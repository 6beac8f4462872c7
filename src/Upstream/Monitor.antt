-- ===== src/Upstream/Monitor.antt =====
-- upstream.go, updateMonitor: the nicknames that the server is asked to watch for the clients and for
-- our own nickname.
pub mod Dropped
use soju_bouncer.Prelude.{
  Bool, true, ◌&&◌, not, List, [], ◌∷◌, ◌++◌, if◌then◌else◌, ◌==◌, nat_Eq, Str, str_Eq, codes,
  is_empty, is_some, lookup, map, contains,
}
use soju_bouncer.Irc.{Message, message}
use soju_bouncer.Xirc.CaseMappingMap
use soju_bouncer.Xirc.GenMsg.{generate_monitor}
use soju_bouncer.Upstream.State.{UpstreamConn, Network, Client, to_server, emit, is_our_nick}
use soju_bouncer.Upstream.Users.{forget_user, should_cache_user_info}

-- serviceNickCM of service.go.
abbrev pub service_nick_cm : Str
service_nick_cm = codes "bouncerserv"

-- The names to be added, each once, and those that are watched already and still wanted.
pub record Wanted : Type 0 where
  pub add_list : List Str
  pub seen : List Str

abbrev pub want_target : UpstreamConn → Wanted → Str → Wanted
want_target uc w target =
    let target_cm = uc.casemap target in
    if target_cm == service_nick_cm
    then w
    else if not (CaseMappingMap.has uc.monitored target_cm)
    then (if contains target_cm w.add_list
        then w
        else record w { add_list = w.add_list ++ target_cm ∷ [] })
    else record w { seen = target_cm ∷ w.seen }

unfoldable pub want_targets : UpstreamConn → Wanted → List Str → Wanted
want_targets uc w [] = w
want_targets uc w (target ∷ l) = want_targets uc (want_target uc w target) l

abbrev pub monitored_names : Client → List Str
monitored_names dc = map (λ (e : Str × Unit {0}). e.0) (CaseMappingMap.entries dc.monitored.m)

unfoldable pub want_all : UpstreamConn → Wanted → List Client → Wanted
unfolding want_targets
want_all uc w [] = w
want_all uc w (dc ∷ l) = want_all uc (want_targets uc w (monitored_names dc)) l

-- Our own nickname is watched while another one has it.
abbrev pub want_own : Network → UpstreamConn → List Str → List Str
want_own net uc add_list =
    if (not (contains (uc.casemap net.want_nick) add_list)
        && not (CaseMappingMap.has uc.monitored net.want_nick))
      && (not (is_our_nick uc net.want_nick) && not uc.has_desired_nick)
    then add_list ++ uc.casemap net.want_nick ∷ []
    else add_list

unfoldable pub remove_list : UpstreamConn → List Str → List (Str × Bool) → List Str
remove_list uc seen [] = []
remove_list uc seen ((nick, online) ∷ l) =
    (if contains (uc.casemap nick) seen then [] else nick ∷ []) ++ remove_list uc seen l

-- `removeAll`.
unfoldable pub none_seen : UpstreamConn → List Str → List (Str × Bool) → Bool
none_seen uc seen [] = true
none_seen uc seen ((nick, online) ∷ l) =
    not (contains (uc.casemap nick) seen) && none_seen uc seen l

unfoldable pub monitor_messages : Bool → List Str → List Str → List Message
unfolding generate_monitor
monitor_messages remove_all removes adds =
    if remove_all && (is_empty adds && not (is_empty removes))
    then message (codes "MONITOR") (codes "C" ∷ []) ∷ []
    else generate_monitor (codes "-") removes ++ generate_monitor (codes "+") adds

unfoldable pub unwatch : UpstreamConn → List Str → UpstreamConn
unfolding should_cache_user_info
unwatch uc [] = uc
unwatch uc (target ∷ l) =
    unwatch (forget_user (record uc { monitored = CaseMappingMap.del uc.monitored target }) target)
      l

abbrev pub all_wanted : Network → UpstreamConn → Wanted
all_wanted net uc = want_all uc (record { add_list = []; seen = [] }) net.clients

-- The names to be added and to be removed.
unfoldable pub monitor_lists : Network → UpstreamConn → List Str × List Str
unfolding want_all is_our_nick remove_list
monitor_lists net uc =
    let w = all_wanted net uc in
    (want_own net uc w.add_list, remove_list uc w.seen (CaseMappingMap.entries uc.monitored.m))

unfoldable pub update_monitor : Network → UpstreamConn → UpstreamConn
unfolding monitor_lists none_seen monitor_messages unwatch lookup
update_monitor net uc =
    let (adds, removes) = monitor_lists net uc in
    let all_gone = none_seen uc (all_wanted net uc).seen (CaseMappingMap.entries uc.monitored.m) in
    if is_some (lookup (codes "MONITOR") uc.isupport)
    then unwatch (emit uc (map to_server (monitor_messages all_gone removes adds))) removes
    else uc
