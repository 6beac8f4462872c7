-- ===== src/Upstream/Produce.antt =====
-- upstream.go, what becomes of a message that others are to see: appendLog stores it, produce stores
-- it and sends it to the clients, and forwardMessage sends it on.
pub mod Delivers
pub mod Keeps
use soju_bouncer.Prelude.{
  ℕ, Bool, false, ◌&&◌, ◌||◌, not, Option, none, some, List, [], ◌∷◌, ◌++◌, nat_eq, if◌then◌else◌,
  ◌==◌, Str, str_Eq, codes, is_empty, contains,
}
use soju_bouncer.Prelude.Text.{has_prefix}
use soju_bouncer.Irc.{Message, Prefix}
use soju_bouncer.Xirc.Caps
use soju_bouncer.Xirc.CaseMappingMap
use soju_bouncer.User.Delivered as Delivered
use soju_bouncer.User.Delivered.{DeliveredStore}
use soju_bouncer.Upstream.State.{
  UpstreamConn, Network, Client, Output, sent, advanced, replied, logged, timer_stopped, emit,
  is_our_nick, timer_set, get_channel, set_channel, UpstreamChannel,
}
use soju_bouncer.Database.Channels.{ChannelSettings}

abbrev pub storable_message_tags : List Str
storable_message_tags =
    codes "+draft/react" ∷ codes "+react" ∷ codes "+draft/unreact" ∷ codes "+unreact" ∷ []

abbrev pub has_storable_tag : List (Str × Str) → Bool
has_storable_tag [] = false
has_storable_tag ((tag, _) ∷ tags) = contains tag storable_message_tags || has_storable_tag tags

-- Whether a message is kept: not a TAGMSG without a tag that is kept, not one to a server mask, and
-- none to or from NickServ.
unfoldable pub is_stored : Network → UpstreamConn → Str → Message → Bool
unfolding has_prefix
is_stored net uc entity msg =
    net.has_msg_store
    && (not (msg.command == codes "TAGMSG" && not (has_storable_tag msg.tags))
        && (not (has_prefix entity (codes "$")) && not (uc.casemap entity == codes "nickserv")))

abbrev pub store_receipts : DeliveredStore → Str → Str → List Str → DeliveredStore
store_receipts ds entity last_id [] = ds
store_receipts ds entity last_id (client ∷ clients) =
    store_receipts (Delivered.store_id ds entity client last_id) entity last_id clients

abbrev append : UpstreamConn → Str → Prefix → Message → UpstreamConn
append uc entity from msg = emit uc (logged (uc.casemap entity) from msg ∷ [])

-- The first message of a target: a client that is away is to get it later.
abbrev first_message : UpstreamConn → Str → Prefix → Message → Option Str → UpstreamConn
first_message uc entity from msg none = uc
first_message uc entity from msg (some last_id) =
    append
      (record uc {
        delivered =
            store_receipts uc.delivered entity last_id (Delivered.for_each_client uc.delivered);
      })
      entity from msg

unfoldable pub append_log : Network → UpstreamConn → Str → Prefix → Message → UpstreamConn
unfolding is_stored
append_log net uc entity from msg =
    if not (is_stored net uc entity msg)
    then uc
    else if not (Delivered.empty uc.delivered) && not (Delivered.has_target uc.delivered entity)
    then first_message uc entity from msg (net.last_msg_id (uc.casemap entity))
    else append uc entity from msg

abbrev is_detached_settings : Option ChannelSettings → Bool
is_detached_settings none = false
is_detached_settings (some ch) = ch.detached

-- Whether a channel is saved as detached.
unfoldable pub is_detached : UpstreamConn → Str → Bool
is_detached uc name = is_detached_settings (CaseMappingMap.get none uc.saved name)

abbrev produce_to : UpstreamConn → Bool → Bool → Prefix → Message → ℕ → Client → List Output
produce_to uc detached blocked from msg origin_id dc =
    let echo = nat_eq dc.id origin_id && is_our_nick uc from.name in
    if blocked && not dc.sees_blocked
    then []
    else if not detached && (not echo || Caps.is_enabled dc.caps (codes "echo-message"))
    then sent dc.id from msg ∷ []
    else advanced dc.id from msg ∷ []

unfoldable pub produce_all :
    UpstreamConn → Bool → Bool → Prefix → Message → ℕ → List Client → List Output
unfolding is_our_nick Caps.is_enabled
produce_all uc detached blocked from msg origin_id [] = []
produce_all uc detached blocked from msg origin_id (dc ∷ l) =
    produce_to uc detached blocked from msg origin_id dc
    ++ produce_all uc detached blocked from msg origin_id l

-- With whether the sender is blocked, which the context carries.
unfoldable pub produce : Network → Bool → UpstreamConn → Str → Prefix → Message → ℕ → UpstreamConn
unfolding append_log is_detached produce_all
produce net blocked uc target from msg origin_id =
    let uc' = if is_empty target then uc else append_log net uc target from msg in
    emit uc' (produce_all uc' (is_detached uc' target) blocked from msg origin_id net.clients)

unfoldable pub to_clients : List Client → ℕ → Prefix → Message → List Output
to_clients [] id from msg = []
to_clients (dc ∷ l) id from msg =
    (if nat_eq id 0 || nat_eq id dc.id then replied dc.id from msg ∷ [] else [])
    ++ to_clients l id from msg

-- To the client with an id, or to all where the id is 0.
unfoldable pub forward_msg_by_id : Network → UpstreamConn → ℕ → Prefix → Message → UpstreamConn
unfolding to_clients
forward_msg_by_id net uc id from msg = emit uc (to_clients net.clients id from msg)

unfoldable pub forward_message : Network → UpstreamConn → Prefix → Message → UpstreamConn
unfolding forward_msg_by_id
forward_message net uc from msg = forward_msg_by_id net uc 0 from msg

-- The first lines of updateAutoDetach: a timer that runs is stopped.
abbrev pub stop_timer : UpstreamConn → UpstreamChannel → UpstreamConn
stop_timer uc ch = if ch.detach_timer then emit uc (timer_stopped ch.name ∷ []) else uc

-- updateAutoDetach on a channel of the connection: for a time of 0 no new timer is set.
abbrev pub update_auto_detach : UpstreamConn → Str → UpstreamChannel → ℕ → UpstreamConn
update_auto_detach uc name ch dur =
    let uc' =
      set_channel (stop_timer uc ch) name (record ch { detach_timer = not (nat_eq dur 0) }) in
    if nat_eq dur 0 then uc' else emit uc' (timer_set ch.name dur ∷ [])

abbrev pub detach_later :
    UpstreamConn → Str → UpstreamChannel → Option ChannelSettings → UpstreamConn
detach_later uc name uch none = uc
detach_later uc name uch (some ch) =
    if ch.detached then uc else update_auto_detach uc name uch ch.detach_after

abbrev pub detach_channel_later : UpstreamConn → Str → Option UpstreamChannel → UpstreamConn
detach_channel_later uc name none = uc
detach_channel_later uc name (some uch) =
    detach_later uc name uch (CaseMappingMap.get none uc.saved name)

unfoldable pub update_channel_auto_detach : UpstreamConn → Str → UpstreamConn
unfolding get_channel
update_channel_auto_detach uc name = detach_channel_later uc name (get_channel uc name)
--*--
# ASSIGNED TASK:
Pull each line containing "blocked" from the records.

# COMPLETED EXERCISE:
produce_to uc detached blocked from msg origin_id dc =
    if blocked && not dc.sees_blocked
produce_all uc detached blocked from msg origin_id [] = []
produce_all uc detached blocked from msg origin_id (dc ∷ l) =
    produce_to uc detached blocked from msg origin_id dc
    ++ produce_all uc detached blocked from msg origin_id l
-- With whether the sender is blocked, which the context carries.
produce net blocked uc target from msg origin_id =
    emit uc' (produce_all uc' (is_detached uc' target) blocked from msg origin_id net.clients)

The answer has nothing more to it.